Static Routing adalah metode yang tidak perlu dipikirkan untuk mengkonfigurasi perutean meskipun membutuhkan lebih banyak pekerjaan. Jadi, setiap router dalam topologi harus mengetahui cara menjangkau semua tujuan di jaringan, yang memerlukan pekerjaan manual. Demikian pula, jika router ditambahkan atau dihapus dari topologi, semua router harus diperbarui secara manual untuk mencerminkan hal ini.(Jesin A, 2014) sedangkan Dinamic routing adalah protokol yang digunakan untuk menemukan jaringan dan memperbarui routing tabel di router. Ini jauh lebih mudah daripada menggunakan statis Routing atau default Routing, tetapi itu akan membebani dalam hal pemrosesan CPU router dan bandwidth pada tautan jaringan. Sebuah protokol perutean mendefinisikan seperangkat aturan yang digunakan oleh router ketika ia mengkomunikasikan informasi perutean antara router tetangga.(Todd, 2013)
Pada postingan ini kita akan menggunakan Default Routing untuk menghubungkan komunikasi antar Router. Ikuti Langkah- Langkah Berikut ini :
1. Siapkan 3 buah router, 1 PC dan 1 Server. Buat agar nama Routernya menjadi Router1,router2 dan Router3 dengan mengambil router 4 kali, router pertama dihapus. Begitu pula dengan PC ambil 2 kali dan PC yang diambil pertama dihapus agar nama PC nya menjadi PC1. Untuk server klik tulisan server0 kemudian hapus angka 0 nya. Lakukan seperti gambar 39.
Gambar 39 Ambil Device seperti gambar
2. Buka Router kemudian pilih tab Physical maka akan muncul seperti gambar 40
Gambar 40 Tampilan Tab Physical pada Router
3. Matikan device dengan menekan tombol ON/OFF yang ada di sebelah logo Cisco kemudian pada bagian Modules pilih HWIC-2T,setelah dipilih maka akan muncul gambar modul yang ada di pojok kanan bawah. tarik ketempat module yang di sebelah gambar sehingga menjadi seperti gambar 41. Lakukan seperti itu pada Router2 dan Router3 juga.
Gambar 41 menambahkan modules HWIC-2T
Setelah ditambahkan module HWIC-2T maka langkah selanjutnya adalah menghubungkan antar device, tahap pertama hubungkan PC1 ke Router1 menggunakan kabel Cooper Cross-Over pada port Gig0/0 seperti Nampak pada gambar 42
Gambar 42 Menghubungkan Router1 dengan PC1 menggunakan Media Cooper Cross-Over
5. Setelah itu hubungkan device yang lainnya seperti untuk Router3 ke Server masing menggunakan kabel Cooper Cross-Over, untuk antar Router menggunakan kabel Serial, yang perlu diperhatikan adalah letak Clock Rate, untuk port Se0/0/0 adalah letak dari Clock Rate sedangkan Se0/0/1 bukan Kabe Clock rate, lakukan itu seperti pada gambar 43.
Gambar 43 Media antar Device
6. Setelah selesai membuat topologi selanjutnya perhatikan tabel 3 yang berisi tentang alamat IP untuk masing-masing interface.
Tabel 3 Alamat IP masing-masing Interface
7. Tahap selanjutnya adalah mengkonfigurasi Alamat IP pada masingmasing interface.
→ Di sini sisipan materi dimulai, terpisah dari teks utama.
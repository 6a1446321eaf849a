-- ===== src/Mysql/Helpers.antt =====
-- bdbackup/mysql/helpers.py: the quoting of a value in an options file of a MySQL client.
use Prim.Native.Char.{Char, code}
use text.Mathlib.TextEquality.{Char-path}
use text.Mathlib.TextLemmas.{nil-append, cons-append, append_assoc}
use bdbackup.Base.{
  ℕ, ◌≡◌, refl, ap, ◌∙◌, inl, inr, Bool, true, false, ◌||◌, Option, none, some, String, ◌<>◌, ltb,
  ◌==◌, if◌then◌else◌, Bool-cases, arith,
}

-- `ord(char) < 32 or ord(char) == 127`
unfoldable pub is_control : Char → Bool
is_control c = ltb (code c) 32 || (code c == 127)

abbrev pub has_control : String → Bool
unfolding is_control
has_control String.[] = false
has_control (String.◌∷◌ c s) = is_control c || has_control s

-- `str.replace` of the character with the given code point.
unfoldable pub replace_char : ℕ → String → String → String
replace_char k t String.[] = String.[]
replace_char k t (String.◌∷◌ c s) =
    let rest = replace_char k t s in if code c == k then t <> rest else String.◌∷◌ c rest

unfoldable pub escape : String → String
unfolding replace_char
escape value = replace_char 34 "\\\"" (replace_char 92 "\\\\" value)

-- `_quote_option`; `none` is its ValueError.
unfoldable pub quote_option : String → Option String
unfolding escape
quote_option value =
    if has_control value then none else some (String.◌∷◌ "\"" (escape value <> "\""))

-- A reader of quoted text up to the closing quote, which takes the character after a backslash as it
-- is, with what follows the quote. The flag says whether a backslash was just read.
abbrev push : Char → Option (String × String) → Option (String × String)
push c none = none
push c (some (s, rest)) = some (String.◌∷◌ c s, rest)

unfoldable read : Bool → String → Option (String × String)
read escaped String.[] = none
read true (String.◌∷◌ c s) = push c (read false s)
read false (String.◌∷◌ c s) =
    let taken = read true s in
    let plain = push c (read false s) in
    if code c == 34 then some (String.[], s) else if code c == 92 then taken else plain

unfoldable pub unquote : String → Option (String × String)
unfolding read
unquote String.[] = none
unquote (String.◌∷◌ c s) = if code c == 34 then read false s else none

pair-append :
    (a b : Char) (s : String)
    → String.◌∷◌ a (String.◌∷◌ b String.[]) <> s ≡ String.◌∷◌ a (String.◌∷◌ b s)
pair-append a b s =
    cons-append a (String.◌∷◌ b String.[]) s
    ∙ ap (String.◌∷◌ a) (cons-append b String.[] s ∙ ap (String.◌∷◌ b) (nil-append s))

-- Two characters in front, as a text is appended.
front-append :
    (a b : Char) (s t : String)
    → String.◌∷◌ a (String.◌∷◌ b s) <> t ≡ String.◌∷◌ a (String.◌∷◌ b (s <> t))
front-append a b s t = cons-append a (String.◌∷◌ b s) t ∙ ap (String.◌∷◌ a) (cons-append b s t)

escape-empty : escape String.[] ≡ String.[]
unfolding escape replace_char
escape-empty = refl

escape-backslash :
    (c : Char) (v : String)
    → (code c == 92) ≡ true
    → escape (String.◌∷◌ c v) ≡ String.◌∷◌ "\\" (String.◌∷◌ "\\" (escape v))
unfolding escape replace_char
escape-backslash c v t =
    rw t (ap (replace_char 34 "\\\"") (pair-append "\\" "\\" (replace_char 92 "\\\\" v)))

escape-quote :
    (c : Char) (v : String)
    → (code c == 92) ≡ false
    → (code c == 34) ≡ true
    → escape (String.◌∷◌ c v) ≡ String.◌∷◌ "\\" (String.◌∷◌ "\"" (escape v))
unfolding escape replace_char
escape-quote c v f t = rw (f, t) (pair-append "\\" "\"" (escape v))

escape-plain :
    (c : Char) (v : String)
    → (code c == 92) ≡ false
    → (code c == 34) ≡ false
    → escape (String.◌∷◌ c v) ≡ String.◌∷◌ c (escape v)
unfolding escape replace_char
escape-plain c v f t = rw (f, t) refl

read-escape : (v rest : String) → read false (escape v <> String.◌∷◌ "\"" rest) ≡ some (v, rest)
unfolding read
read-escape String.[] rest =
    ap (read false)
      (ap (λ s. s <> String.◌∷◌ "\"" rest) escape-empty ∙ nil-append (String.◌∷◌ "\"" rest))
read-escape (String.◌∷◌ c v) rest = elim (Bool-cases (code c == 92)) [
  | inl t ↦
      ap (read false) (
        ap (λ s. s <> String.◌∷◌ "\"" rest) (escape-backslash c v t)
        ∙ front-append "\\" "\\" (escape v) (String.◌∷◌ "\"" rest))
      ∙ ap (push "\\") (read-escape v rest)
      ∙ ap (λ d. some (String.◌∷◌ d v, rest)) (Char-path "\\" c (ground (arith, t)))
  | inr f ↦ elim (Bool-cases (code c == 34)) [
    | inl t ↦
        ap (read false) (
          ap (λ s. s <> String.◌∷◌ "\"" rest) (escape-quote c v f t)
          ∙ front-append "\\" "\"" (escape v) (String.◌∷◌ "\"" rest))
        ∙ ap (push "\"") (read-escape v rest)
        ∙ ap (λ d. some (String.◌∷◌ d v, rest)) (Char-path "\"" c (ground (arith, t)))
    | inr g ↦
        ap (read false) (
          ap (λ s. s <> String.◌∷◌ "\"" rest) (escape-plain c v f g)
          ∙ cons-append c (escape v) (String.◌∷◌ "\"" rest))
        ∙ rw (f, g) (ap (push c) (read-escape v rest))
  ]
]

-- A value without control characters is quoted, and reading the quoted text, whatever follows it, gives
-- the value back and stops at the closing quote.
pub unquote-quote_option :
    (value rest : String)
    → has_control value ≡ false
    → (quoted : String) × (quote_option value ≡ some quoted)
      × (unquote (quoted <> rest) ≡ some (value, rest))
unfolding quote_option unquote
unquote-quote_option value rest h = (
  String.◌∷◌ "\"" (escape value <> "\""),
  rw h refl,
  ap unquote (cons-append "\"" (escape value <> "\"") rest)
      ∙ ap (read false) (
          append_assoc (escape value) "\"" rest
          ∙ ap (λ s. escape value <> s)
              (cons-append "\"" String.[] rest ∙ ap (String.◌∷◌ "\"") (nil-append rest)))
      ∙ read-escape value rest,
)
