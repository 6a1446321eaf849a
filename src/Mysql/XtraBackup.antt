-- ===== src/Mysql/XtraBackup.antt =====
-- bdbackup/mysql/xtrabackup.py: physical backups, their dependency chains and their expiry. The
-- directories of a root are given by what the code reads of them; paths are relative to the root.
pub mod Chain
pub mod Dates
pub mod Expiry
pub mod Prepare
use bdbackup.Base.{
  ℕ, zero, suc, ◌+◌, ◌-◌, ◌≡◌, Bool, true, false, not, ◌&&◌, ◌||◌, Option, none, some, List, [],
  ◌∷◌, ◌++◌, String, str_eq, str_lt, starts_with, ltb, leb, ◌==◌, if◌then◌else◌, any_of, keep_if,
  length,
}
use bdbackup.Base.FilePath.{FilePath, path_eq}

-- The errors that the methods raise, `BackupError` with these messages.
pub data Error : Type 0 where
  invalid_checkpoints invalid_metadata unexpected_entry different_full ambiguous_parent : Error
  broken_lsn already_prepared missing_parents no_full latest_invalid legacy key_changed : Error
  tool_failed nothing_encrypted not_continued not_full refuse_prune : Error
  destination_exists inside_root lock_held escapes_root not_committed check_failed : Error
  date_underflow not_published : Error
  copy_failed has_symlinks no_key wrong_key still_encrypted not_recovered : Error

pub data Result (A : Type 0) : Type 0 where
  ok : A → Result A
  err : Error → Result A

infixl 5 ◌>>=◌ ◌>>◌
abbrev pub ◌>>=◌ : {A B : Type 0} → Result A → (A → Result B) → Result B
ok a >>= f = f a
err e >>= f = err e

abbrev pub ◌>>◌ : {B : Type 0} → Result (Unit {0}) → Result B → Result B
m >> k = m >>= λ _. k

abbrev pub raise_if : Bool → Error → Result (Unit {0})
raise_if true e = err e
raise_if false e = ok tt

pub data BackupType : Type 0 where
  full_backuped incremental log_applied full_prepared other : BackupType

pub record Checkpoints : Type 0 where
  pub from_lsn : ℕ
  pub to_lsn : ℕ
  pub backup_type : BackupType

-- `bdbackup.json`
pub record Metadata : Type 0 where
  pub schema : ℕ
  pub kind : BackupType
  pub full : FilePath
  pub parent : Option FilePath
  pub encrypted : Bool
  pub key_id : Option String
  pub from_lsn : ℕ
  pub to_lsn : ℕ

-- A backup directory: its path, and its two files as far as they can be read.
pub record BackupDir : Type 0 where
  pub path : FilePath
  pub name : String
  pub is_hidden : Bool
  pub is_plain_dir : Bool
  pub checkpoints_file : Option Checkpoints
  pub metadata_file : Option Metadata

abbrev pub is_known : BackupType → Bool
is_known other = false
is_known _ = true

abbrev pub is_base : BackupType → Bool
is_base full_backuped = true
is_base incremental = true
is_base _ = false

abbrev pub is_incremental : BackupType → Bool
is_incremental incremental = true
is_incremental _ = false

abbrev pub is_full : BackupType → Bool
is_full full_backuped = true
is_full _ = false

-- `_checkpoints`
unfoldable pub checkpoints : BackupDir → Result Checkpoints
checkpoints d = elim d.checkpoints_file [
  | none ↦ err invalid_checkpoints
  | some c ↦
      if (c.to_lsn == 0) || ltb c.to_lsn c.from_lsn || not (is_known c.backup_type)
      then err invalid_checkpoints
      else ok c
]

-- `_valid_base`
unfoldable pub valid_base : BackupDir → Bool
unfolding checkpoints
valid_base d = elim (checkpoints d) [ ok c ↦ is_base c.backup_type | err _ ↦ false ]

-- `_metadata`; the kind is "full" or "incremental".
unfoldable pub metadata : BackupDir → Result Metadata
unfolding checkpoints
metadata d = elim d.metadata_file [
  | none ↦ err invalid_metadata
  | some m ↦ elim (checkpoints d) [
    | err _ ↦ err invalid_metadata
    | ok c ↦
        if not (m.schema == 1)
          || not (m.from_lsn == c.from_lsn)
          || not (m.to_lsn == c.to_lsn)
          || not (is_base m.kind)
        then err invalid_metadata
        else ok m
  ]
]

-- The dict `children`: each parent's path with its child.
abbrev pub Children : Type 0
Children = List (FilePath × BackupDir)

unfoldable pub child_of : FilePath → Children → Option BackupDir
child_of p [] = none
child_of p ((q, d) ∷ cs) = if path_eq q p then some d else child_of p cs

-- `children.pop`
unfoldable pub drop_child : FilePath → Children → Children
drop_child p [] = []
drop_child p ((q, d) ∷ cs) = if path_eq q p then cs else (q, d) ∷ drop_child p cs

-- The body of `_chain`'s first loop, for an entry that is not skipped.
unfoldable pub adopt : FilePath → BackupDir → Children → Result Children
unfolding metadata child_of
adopt full d cs = do
  raise_if (not d.is_plain_dir) unexpected_entry
  m ← metadata d
  raise_if (not (path_eq m.full full) || not (is_incremental m.kind)) different_full
  elim m.parent [
    | none ↦ err ambiguous_parent
    | some p ↦ elim (child_of p cs) [
      | some _ ↦ err ambiguous_parent
      | none ↦ ok (cs ++ ((p, d) ∷ []))
    ]
  ]

unfoldable pub collect : FilePath → List BackupDir → Children → Result Children
unfolding adopt
collect full [] cs = ok cs
collect full (d ∷ ds) cs =
    if d.is_hidden then collect full ds cs else (adopt full d cs >>= λ more. collect full ds more)

-- `_chain`'s `while` loop. Each round takes a child out, so as many rounds as there are children
-- are enough; the fuel is one more.
unfoldable pub follow : ℕ → BackupDir → Children → Result (List BackupDir)
unfolding child_of drop_child checkpoints valid_base
follow zero parent cs = ok []
follow (suc n) parent cs = elim (child_of parent.path cs) [
  | none ↦ ok []
  | some d ↦ do
    c ← checkpoints d
    p ← checkpoints parent
    raise_if (not (c.from_lsn == p.to_lsn)) broken_lsn
    raise_if (not (valid_base d)) already_prepared
    rest ← follow n d (drop_child parent.path cs)
    ok (d ∷ rest)
]

-- `_chain`: `entries` is the directory of the full's incrementals, empty where it does not exist.
unfoldable pub chain : BackupDir → List BackupDir → Result (List BackupDir)
unfolding collect follow
chain full entries = do
  cs ← collect full.path entries []
  ds ← follow (suc (length cs)) full cs
  raise_if (not (length ds == length cs)) missing_parents
  ok ds

-- `_parent`: the chain's tip, or its full.
abbrev tip : BackupDir → List BackupDir → BackupDir
tip d [] = d
tip d (x ∷ xs) = tip x xs

unfoldable pub incremental_parent : BackupDir → List BackupDir → Result BackupDir
unfolding chain metadata
incremental_parent full entries = elim full.metadata_file [
  | none ↦ err legacy
  | some _ ↦ do _ ← metadata full; ds ← chain full entries; ok (tip full ds)
]

-- What the backup tool leaves in the pending directory, and what the settings say.
pub record Produced : Type 0 where
  pub tool_ok : Bool
  pub has_encrypted_files : Bool
  pub checkpoints_file : Option Checkpoints
  -- Whether the metadata can be written and the directory renamed to the target.
  pub can_publish : Bool

abbrev pub key_eq : Option String → Option String → Bool
key_eq none none = true
key_eq (some a) (some b) = str_eq a b
key_eq _ _ = false

-- The check of a new incremental, or of a new full.
unfoldable pub continues : Option BackupDir → Checkpoints → Result (Unit {0})
unfolding checkpoints
continues (some parent) c = do
  p ← checkpoints parent
  raise_if (not (is_incremental c.backup_type) || not (c.from_lsn == p.to_lsn)) not_continued
continues none c = raise_if (not (is_full c.backup_type) || not (c.from_lsn == 0)) not_full

abbrev pub same_key : Option BackupDir → Bool → Option String → Result (Unit {0})
same_key none encrypt key = ok tt
same_key (some parent) encrypt key = do
  m ← metadata parent
  raise_if (not (if m.encrypted then encrypt else not encrypt) || not (key_eq m.key_id key))
      key_changed

-- What the backup tool leaves, before `_write_metadata`.
abbrev pub pending : FilePath → String → Produced → BackupDir
pending target name made = record {
  path = target;
  name = name;
  is_hidden = false;
  is_plain_dir = true;
  checkpoints_file = made.checkpoints_file;
  metadata_file = none;
}

-- `_write_metadata`
abbrev pub written : Bool → Option String → FilePath → Option BackupDir → Checkpoints → Metadata
written encrypt key full parent c = record {
  schema = 1;
  kind = elim parent [ none ↦ full_backuped | some _ ↦ incremental ];
  full = full;
  parent = elim parent [ none ↦ none | some p ↦ some p.path ];
  encrypted = encrypt;
  key_id = key;
  from_lsn = c.from_lsn;
  to_lsn = c.to_lsn;
}

abbrev pub with_metadata :
    BackupDir → Bool → Option String → FilePath → Option BackupDir → Checkpoints → BackupDir
with_metadata d encrypt key full parent c = record d {
  metadata_file = some (written encrypt key full parent c);
}

-- `_create`: the backup directory that is published at `target`; after an error the pending
-- directory is removed and nothing is published.
unfoldable pub create :
    FilePath
    → String
    → Bool
    → Option String
    → Produced
    → FilePath
    → Option BackupDir
    → Result BackupDir
unfolding checkpoints continues metadata
create target name encrypt key made full parent = do
  same_key parent encrypt key
  raise_if (not made.tool_ok) tool_failed
  raise_if (encrypt && not made.has_encrypted_files) nothing_encrypted
  c ← checkpoints (pending target name made)
  continues parent c
  raise_if (not made.can_publish) not_published
  ok (with_metadata (pending target name made) encrypt key full parent c)
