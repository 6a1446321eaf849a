-- ===== src/Mysql/XtraBackup/Chain/Entries.antt =====
-- `_chain` of bdbackup/mysql/xtrabackup.py: the entries and the children that it collects from them.
use bdbackup.Base.{
  suc, ◌≡◌, refl, sym, ap, subst, inl, inr, ◌⊎◌, Bool, true, false, not, ◌||◌, some, List, [], ◌∷◌,
  ◌++◌, arith, length, Bool-cases, Option-cases, All, All-append, keep_if, Perm, map, map-append,
  if◌then◌else◌, append-nil, append_assoc, ◌∙◌,
}
use mathlib.Core.List.Perm
use bdbackup.Base.FilePath.{FilePath, path_eq, path_eq_sound}
use bdbackup.Mysql.XtraBackup.{
  BackupDir, Metadata, Children, Result, ok, err, metadata, child_of, drop_child, adopt, collect,
  raise_if, ◌>>=◌, incremental, full_backuped, log_applied, full_prepared, other, BackupType, Error,
  is_incremental, unexpected_entry, different_full,
}

pub Result-cases : {A : Type 0} (r : Result A) → ((a : A) × (r ≡ ok a)) ⊎ ((e : _) × (r ≡ err e))
Result-cases (ok a) = inl (a, refl)
Result-cases (err e) = inr (e, refl)

pub bind-eq-ok :
    {A B : Type 0} (r : Result A) (f : A → Result B) (b : B)
    → (r >>= f) ≡ ok b
    → (a : A) × (r ≡ ok a) × (f a ≡ ok b)
bind-eq-ok (ok a) f b h = (a, refl, h)
bind-eq-ok (err e) f b h = absurd (ground arith)

pub raise_if-eq-ok : (b : Bool) (e : Error) → raise_if b e ≡ ok tt → b ≡ false
raise_if-eq-ok true e h = absurd (ground arith)
raise_if-eq-ok false e h = refl

-- The dict entry of a child: its metadata names the parent.
abbrev pub Named : FilePath × BackupDir → Type 0
Named x = (m : Metadata) × (metadata x.1 ≡ ok m) × (m.parent ≡ some x.0)

pub unless-true : {A : Type 0} (b : Bool) (x y : A) → b ≡ false → (if not b then x else y) ≡ x
unless-true true x y h = absurd (ground arith)
unless-true false x y h = refl

-- The entries that the chain is made of.
abbrev pub committed : List BackupDir → List BackupDir
committed = keep_if (λ d. not d.is_hidden)

-- An incremental of the full at this path, as its metadata says.
abbrev pub IsIncrementalOf : FilePath → BackupDir → Type 0
IsIncrementalOf full d =
    (m : Metadata) × (metadata d ≡ ok m)
    × (m.full ≡ full)
    × (m.kind ≡ incremental)
    × (d.is_plain_dir ≡ true)

pub is_incremental-eq : (t : BackupType) → is_incremental t ≡ true → t ≡ incremental
is_incremental-eq incremental e = refl
is_incremental-eq full_backuped e = absurd (ground arith)
is_incremental-eq log_applied e = absurd (ground arith)
is_incremental-eq full_prepared e = absurd (ground arith)
is_incremental-eq other e = absurd (ground arith)

pub adopt-eq-ok :
    (full : FilePath) (d : BackupDir) (cs out : Children)
    → adopt full d cs ≡ ok out
    → (p : FilePath) × Named (p, d) × IsIncrementalOf full d × (out ≡ cs ++ ((p, d) ∷ []))
unfolding adopt
adopt-eq-ok full d cs out h =
    let (_, plain, h1) = bind-eq-ok (raise_if (not d.is_plain_dir) unexpected_entry) _ out h in
    let (m, q, h2) = bind-eq-ok (metadata d) _ out h1 in
    let (_, same, h3) =
      bind-eq-ok
        (raise_if (not (path_eq m.full full) || not (is_incremental m.kind)) different_full) _ out
        h2 in
    let both =
      raise_if-eq-ok (not (path_eq m.full full) || not (is_incremental m.kind)) different_full
        same in
    let own : IsIncrementalOf full d = (
      m,
      q,
      path_eq_sound m.full full (ground arith),
      is_incremental-eq m.kind (ground arith),
      plain_dir d.is_plain_dir plain,
    ) in
    elim (Option-cases m.parent) [
      | inl n ↦ absurd (ground arith)
      | inr (p, n) ↦ (p, (m, q, n), own, ground arith)
    ]
  where
    plain_dir : (b : Bool) → raise_if (not b) unexpected_entry ≡ ok tt → b ≡ true
    plain_dir true e = refl
    plain_dir false e = absurd (ground arith)

abbrev pub child : FilePath × BackupDir → BackupDir
child x = x.1

pub collect-Named :
    (full : FilePath) (ds : List BackupDir) (cs out : Children)
    → All Named cs
    → All (IsIncrementalOf full) (map child cs)
    → collect full ds cs ≡ ok out
    → All Named out
      × All (IsIncrementalOf full) (map child out)
      × (map child out ≡ map child cs ++ committed ds)
unfolding collect
collect-Named full [] cs out n k h =
    let e : cs ≡ out = ground arith in
    (
      subst (All Named) e n,
      subst (λ x. All (IsIncrementalOf full) (map child x)) e k,
      ap (map child) (sym e) ∙ sym (append-nil (map child cs)),
    )
collect-Named full (d ∷ ds) cs out n k h = elim (Bool-cases d.is_hidden) [
  | inl hid ↦ rw hid (collect-Named full ds cs out n k (ground arith))
  | inr vis ↦ elim (Result-cases (adopt full d cs)) [
    | inr (e, q) ↦ absurd (ground arith)
    | inl (more, q) ↦
        let (p, a, b, e) = adopt-eq-ok full d cs more q in
        let names : map child more ≡ map child cs ++ (d ∷ []) =
          ap (map child) e ∙ map-append child cs ((p, d) ∷ []) in
        let (x, y, z) =
          collect-Named full ds more out
            (subst (All Named) (sym e) (All-append Named cs ((p, d) ∷ []) n (a, tt)))
            (subst (All (IsIncrementalOf full)) (sym names)
              (All-append (IsIncrementalOf full) (map child cs) (d ∷ []) k (b, tt)))
            (ground arith) in
        (
          x,
          y,
          z
              ∙ ap (λ l. l ++ committed ds) names
              ∙ append_assoc (map child cs) (d ∷ []) (committed ds)
              ∙ ap (λ l. map child cs ++ l) (sym (unless-true d.is_hidden _ _ vis)),
        )
  ]
]

pub child_of-Named :
    (p : FilePath) (cs : Children) (d : BackupDir)
    → All Named cs
    → child_of p cs ≡ some d
    → Named (p, d)
unfolding child_of
child_of-Named p [] d n h = absurd (ground arith)
child_of-Named p ((q, e) ∷ cs) d (n, ns) h = elim (Bool-cases (path_eq q p)) [
  | inl t ↦
      let s : e ≡ d = ground arith in
      subst (λ x. Named (p, x)) s (subst (λ x. Named (x, e)) (path_eq_sound q p t) n)
  | inr t ↦ child_of-Named p cs d ns (ground arith)
]

pub drop_child-Named : (p : FilePath) (cs : Children) → All Named cs → All Named (drop_child p cs)
unfolding drop_child
drop_child-Named p [] n = tt
drop_child-Named p ((q, e) ∷ cs) (n, ns) = elim (Bool-cases (path_eq q p)) [
  | inl t ↦ rw t ns
  | inr t ↦ rw t (n, drop_child-Named p cs ns)
]

-- What the lookup of a child takes out, for any property of the children.
abbrev pub Taken : (BackupDir → Type 0) → Children → BackupDir → Children → Type 0
Taken P cs d rest =
    Perm (map child cs) (d ∷ map child rest)
    × (length cs ≡ suc (length rest))
    × (All P (map child cs) → P d × All P (map child rest))

pub child_of-Taken :
    (P : BackupDir → Type 0) (p : FilePath) (cs : Children) (d : BackupDir)
    → child_of p cs ≡ some d
    → Taken P cs d (drop_child p cs)
unfolding child_of drop_child
child_of-Taken P p [] d h = absurd (ground arith)
child_of-Taken P p ((q, e) ∷ cs) d h = elim (Bool-cases (path_eq q p)) [
  | inl t ↦
      let s : e ≡ d = ground arith in
      rw t (subst (λ x. Taken P ((q, e) ∷ cs) x cs) s (Perm.refl (e ∷ map child cs), refl, λ a. a))
  | inr t ↦
      let (perm, many, each) = child_of-Taken P p cs d (ground arith) in
      rw t (
        Perm.trans (Perm.cons e perm) (Perm.swap d e (map child (drop_child p cs))),
        ap suc many,
        λ a. let (x, y) = each a.1 in (x, (a.0, y)),
      )
]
Untuk konfigurasi yang pertama adalah konfiurasi interface yang ada di router1 yaitu interface gig0/0 dan interface se0/0/0. Untuk mengkonfigurasi interface yang ada di router yaitu dengan cara klik router kemudian pilih tab CLI maka akan muncul tampilan seperti gambar 44.
Gambar 44 Tampilan CLI pada Router
8. Setelah masuk Tab CLI kemudian ketik perintah no kemudian enter 2x maka akan masuk user mode dengan ditandai symbol (>) seperti pada gambar 45.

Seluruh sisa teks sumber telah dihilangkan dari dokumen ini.